• PROVIDED INFORMATION:
-- ===== src/Edge.antt =====
-- src/edge/mod.rs: a directed connection. Both ends carry the path, the index and the id of
-- their slot.
use cognet.Prelude.{ℕ}
use cognet.NodePath.{NodePath}

abbrev pub EdgeId : Type 0
EdgeId = ℕ

abbrev pub InputSlotId : Type 0
InputSlotId = ℕ

abbrev pub OutputSlotId : Type 0
OutputSlotId = ℕ

pub record Edge : Type 0 where
  pub from_node : NodePath
  pub from_output_slot_index : ℕ
  pub from_output_slot_id : OutputSlotId
  pub to_node : NodePath
  pub to_input_slot_index : ℕ
  pub to_input_slot_id : InputSlotId
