-- ===== src/Slot/DataType.antt =====
-- src/edge/slot.rs: `ListElem`, `DataType` and the `TypeId` of the payload that a type stands
-- for. `TypeId` has one constructor for each Rust type that the file names, and `foreign` for the
-- types of applications.
use native.Mathlib.Decide.{ℕ_discrete}
use cognet.Prelude.{
  ℕ, ◌≡◌, ◌↔◌, refl, Bool, true, false, Option, none, some, List, [], ◌∷◌, String, arith, Eq, ◌==◌,
  string_eq, nat_eq, contains, eq_of_discrete,
}
use text.Mathlib.TextEquality.{eq_iff}

pub data ListElem : Type 0 where
  number string bool vector3 color interval plane : ListElem

pub data DataType : Type 0 where
  number string mesh vector3 color vertices bool interval plane transform : DataType
  list : ListElem → DataType
  brep : DataType
  domain : String → DataType

pub data TypeId : Type 0 where
  f64 string vector3 color_value vertices bool interval plane transform unit : TypeId
  vec : ListElem → TypeId
  foreign : ℕ → TypeId

unfoldable pub ListElem-discrete : Discrete ListElem
ListElem-discrete = hlevel

unfoldable pub String-discrete : Discrete String
String-discrete s t =
    elim (s == t) as (λ b. (s == t) ≡ b → Dec (s ≡ t)) [
      | true ↦ λ h. yes ((eq_iff s t).0 h)
      | false ↦ λ h. no (λ e. cc (h, (eq_iff s t).1 e))
    ]
      refl

unfoldable pub DataType-discrete : Discrete DataType
DataType-discrete = hlevel (String-discrete)

unfoldable pub TypeId-discrete : Discrete TypeId
TypeId-discrete = hlevel (ℕ_discrete)

instance abbrev pub data_type_eq : Eq DataType
data_type_eq = eq_of_discrete DataType-discrete

instance abbrev pub type_id_eq : Eq TypeId
type_id_eq = eq_of_discrete TypeId-discrete

-- `DataType::type_id`
unfoldable pub type_id : DataType → TypeId
type_id DataType.number = f64
type_id DataType.string = TypeId.string
type_id mesh = unit
type_id DataType.vector3 = TypeId.vector3
type_id DataType.color = color_value
type_id DataType.vertices = TypeId.vertices
type_id DataType.bool = TypeId.bool
type_id DataType.interval = TypeId.interval
type_id DataType.plane = TypeId.plane
type_id DataType.transform = TypeId.transform
type_id (list e) = vec e
type_id brep = unit
type_id (domain name) = unit

-- the types whose payload is arbitrary: `Mesh | BRep | Domain(_)`
unfoldable pub is_opaque : DataType → Bool
is_opaque mesh = true
is_opaque brep = true
is_opaque (domain name) = true
is_opaque _ = false

-- the `match type_id` of `Data::new`
unfoldable pub data_type_of : TypeId → Option DataType
data_type_of f64 = some DataType.number
data_type_of TypeId.string = some DataType.string
data_type_of TypeId.vector3 = some DataType.vector3
data_type_of color_value = some DataType.color
data_type_of TypeId.vertices = some DataType.vertices
data_type_of TypeId.bool = some DataType.bool
data_type_of TypeId.interval = some DataType.interval
data_type_of TypeId.plane = some DataType.plane
data_type_of TypeId.transform = some DataType.transform
data_type_of (vec e) = some (list e)
data_type_of unit = none
data_type_of (foreign n) = none

-- the shorter `match type_id` of `Data::from_any`
unfoldable pub data_type_of_any : TypeId → Option DataType
data_type_of_any f64 = some DataType.number
data_type_of_any TypeId.string = some DataType.string
data_type_of_any TypeId.vector3 = some DataType.vector3
data_type_of_any color_value = some DataType.color
data_type_of_any TypeId.vertices = some DataType.vertices
data_type_of_any TypeId.bool = some DataType.bool
data_type_of_any TypeId.interval = some DataType.interval
data_type_of_any TypeId.plane = some DataType.plane
data_type_of_any (vec ListElem.number) = some (list ListElem.number)
data_type_of_any (vec ListElem.vector3) = some (list ListElem.vector3)
data_type_of_any _ = none

-- `DataType::standard_types`
unfoldable pub standard_types : List DataType
standard_types =
    DataType.number
    ∷ DataType.string
    ∷ DataType.bool
    ∷ DataType.interval
    ∷ DataType.plane
    ∷ list ListElem.number
    ∷ list ListElem.vector3
    ∷ DataType.vector3
    ∷ DataType.color
    ∷ mesh
    ∷ DataType.vertices
    ∷ brep
    ∷ []

type_id-data_type_of :
    (t : TypeId) (d : DataType) → data_type_of t ≡ some d → (type_id d ≡ t) × (is_opaque d ≡ false)
unfolding data_type_of type_id is_opaque
type_id-data_type_of f64 d h = ground arith
type_id-data_type_of _ d h = ground arith

data_type_of-type_id : (d : DataType) → is_opaque d ≡ false → data_type_of (type_id d) ≡ some d
unfolding data_type_of type_id is_opaque
data_type_of-type_id DataType.number h = refl
data_type_of-type_id _ h = ground arith

-- `data_type_of` inverts `type_id` on the types that are not opaque, and finds no others.
pub data_type_of_iff :
    (t : TypeId) (d : DataType)
    → (data_type_of t ≡ some d) ↔ ((type_id d ≡ t) × (is_opaque d ≡ false))
data_type_of_iff t d = (type_id-data_type_of t d, λ h. rw (← h.0) (data_type_of-type_id d h.1))

-- What `from_any` recognises, `new` recognises as the same type.
pub data_type_of_any-sub :
    (t : TypeId) (d : DataType) → data_type_of_any t ≡ some d → data_type_of t ≡ some d
unfolding data_type_of_any data_type_of
data_type_of_any-sub f64 d h = h
data_type_of_any-sub (vec ListElem.number) d h = h
data_type_of_any-sub (vec _) d h = ground arith
data_type_of_any-sub _ d h = ground arith

-- the transform is not among them
standard_types_test : (contains standard_types DataType.transform ≡ false)
unfolding standard_types DataType-discrete String-discrete
standard_types_test = refl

• ASSIGNMENT:
The records above need copying again. Keep each word as it is.

• EXPECTED OUTPUT:
-- ===== src/Edge.antt =====
-- src/edge/mod.rs: a directed connection. Both ends carry the path, the index and the id of
-- their slot.
use cognet.Prelude.{ℕ}
use cognet.NodePath.{NodePath}

abbrev pub EdgeId : Type 0
EdgeId = ℕ

abbrev pub InputSlotId : Type 0
InputSlotId = ℕ

abbrev pub OutputSlotId : Type 0
OutputSlotId = ℕ

pub record Edge : Type 0 where
  pub from_node : NodePath
  pub from_output_slot_index : ℕ
  pub from_output_slot_id : OutputSlotId
  pub to_node : NodePath
  pub to_input_slot_index : ℕ
  pub to_input_slot_id : InputSlotId
-- ===== src/Slot/DataType.antt =====
-- src/edge/slot.rs: `ListElem`, `DataType` and the `TypeId` of the payload that a type stands
-- for. `TypeId` has one constructor for each Rust type that the file names, and `foreign` for the
-- types of applications.
use native.Mathlib.Decide.{ℕ_discrete}
use cognet.Prelude.{
  ℕ, ◌≡◌, ◌↔◌, refl, Bool, true, false, Option, none, some, List, [], ◌∷◌, String, arith, Eq, ◌==◌,
  string_eq, nat_eq, contains, eq_of_discrete,
}
use text.Mathlib.TextEquality.{eq_iff}

pub data ListElem : Type 0 where
  number string bool vector3 color interval plane : ListElem

pub data DataType : Type 0 where
  number string mesh vector3 color vertices bool interval plane transform : DataType
  list : ListElem → DataType
  brep : DataType
  domain : String → DataType

pub data TypeId : Type 0 where
  f64 string vector3 color_value vertices bool interval plane transform unit : TypeId
  vec : ListElem → TypeId
  foreign : ℕ → TypeId

unfoldable pub ListElem-discrete : Discrete ListElem
ListElem-discrete = hlevel

unfoldable pub String-discrete : Discrete String
String-discrete s t =
    elim (s == t) as (λ b. (s == t) ≡ b → Dec (s ≡ t)) [
      | true ↦ λ h. yes ((eq_iff s t).0 h)
      | false ↦ λ h. no (λ e. cc (h, (eq_iff s t).1 e))
    ]
      refl

unfoldable pub DataType-discrete : Discrete DataType
DataType-discrete = hlevel (String-discrete)

unfoldable pub TypeId-discrete : Discrete TypeId
TypeId-discrete = hlevel (ℕ_discrete)

instance abbrev pub data_type_eq : Eq DataType
data_type_eq = eq_of_discrete DataType-discrete

instance abbrev pub type_id_eq : Eq TypeId
type_id_eq = eq_of_discrete TypeId-discrete

-- `DataType::type_id`
unfoldable pub type_id : DataType → TypeId
type_id DataType.number = f64
type_id DataType.string = TypeId.string
type_id mesh = unit
type_id DataType.vector3 = TypeId.vector3
type_id DataType.color = color_value
type_id DataType.vertices = TypeId.vertices
type_id DataType.bool = TypeId.bool
type_id DataType.interval = TypeId.interval
type_id DataType.plane = TypeId.plane
type_id DataType.transform = TypeId.transform
type_id (list e) = vec e
type_id brep = unit
type_id (domain name) = unit

-- the types whose payload is arbitrary: `Mesh | BRep | Domain(_)`
unfoldable pub is_opaque : DataType → Bool
is_opaque mesh = true
is_opaque brep = true
is_opaque (domain name) = true
is_opaque _ = false

-- the `match type_id` of `Data::new`
unfoldable pub data_type_of : TypeId → Option DataType
data_type_of f64 = some DataType.number
data_type_of TypeId.string = some DataType.string
data_type_of TypeId.vector3 = some DataType.vector3
data_type_of color_value = some DataType.color
data_type_of TypeId.vertices = some DataType.vertices
data_type_of TypeId.bool = some DataType.bool
data_type_of TypeId.interval = some DataType.interval
data_type_of TypeId.plane = some DataType.plane
data_type_of TypeId.transform = some DataType.transform
data_type_of (vec e) = some (list e)
data_type_of unit = none
data_type_of (foreign n) = none

-- the shorter `match type_id` of `Data::from_any`
unfoldable pub data_type_of_any : TypeId → Option DataType
data_type_of_any f64 = some DataType.number
data_type_of_any TypeId.string = some DataType.string
data_type_of_any TypeId.vector3 = some DataType.vector3
data_type_of_any color_value = some DataType.color
data_type_of_any TypeId.vertices = some DataType.vertices
data_type_of_any TypeId.bool = some DataType.bool
data_type_of_any TypeId.interval = some DataType.interval
data_type_of_any TypeId.plane = some DataType.plane
data_type_of_any (vec ListElem.number) = some (list ListElem.number)
data_type_of_any (vec ListElem.vector3) = some (list ListElem.vector3)
data_type_of_any _ = none

-- `DataType::standard_types`
unfoldable pub standard_types : List DataType
standard_types =
    DataType.number
    ∷ DataType.string
    ∷ DataType.bool
    ∷ DataType.interval
    ∷ DataType.plane
    ∷ list ListElem.number
    ∷ list ListElem.vector3
    ∷ DataType.vector3
    ∷ DataType.color
    ∷ mesh
    ∷ DataType.vertices
    ∷ brep
    ∷ []

type_id-data_type_of :
    (t : TypeId) (d : DataType) → data_type_of t ≡ some d → (type_id d ≡ t) × (is_opaque d ≡ false)
unfolding data_type_of type_id is_opaque
type_id-data_type_of f64 d h = ground arith
type_id-data_type_of _ d h = ground arith

data_type_of-type_id : (d : DataType) → is_opaque d ≡ false → data_type_of (type_id d) ≡ some d
unfolding data_type_of type_id is_opaque
data_type_of-type_id DataType.number h = refl
data_type_of-type_id _ h = ground arith

-- `data_type_of` inverts `type_id` on the types that are not opaque, and finds no others.
pub data_type_of_iff :
    (t : TypeId) (d : DataType)
    → (data_type_of t ≡ some d) ↔ ((type_id d ≡ t) × (is_opaque d ≡ false))
data_type_of_iff t d = (type_id-data_type_of t d, λ h. rw (← h.0) (data_type_of-type_id d h.1))

-- What `from_any` recognises, `new` recognises as the same type.
pub data_type_of_any-sub :
    (t : TypeId) (d : DataType) → data_type_of_any t ≡ some d → data_type_of t ≡ some d
unfolding data_type_of_any data_type_of
data_type_of_any-sub f64 d h = h
data_type_of_any-sub (vec ListElem.number) d h = h
data_type_of_any-sub (vec _) d h = ground arith
data_type_of_any-sub _ d h = ground arith

-- the transform is not among them
standard_types_test : (contains standard_types DataType.transform ≡ false)
unfolding standard_types DataType-discrete String-discrete
standard_types_test = refl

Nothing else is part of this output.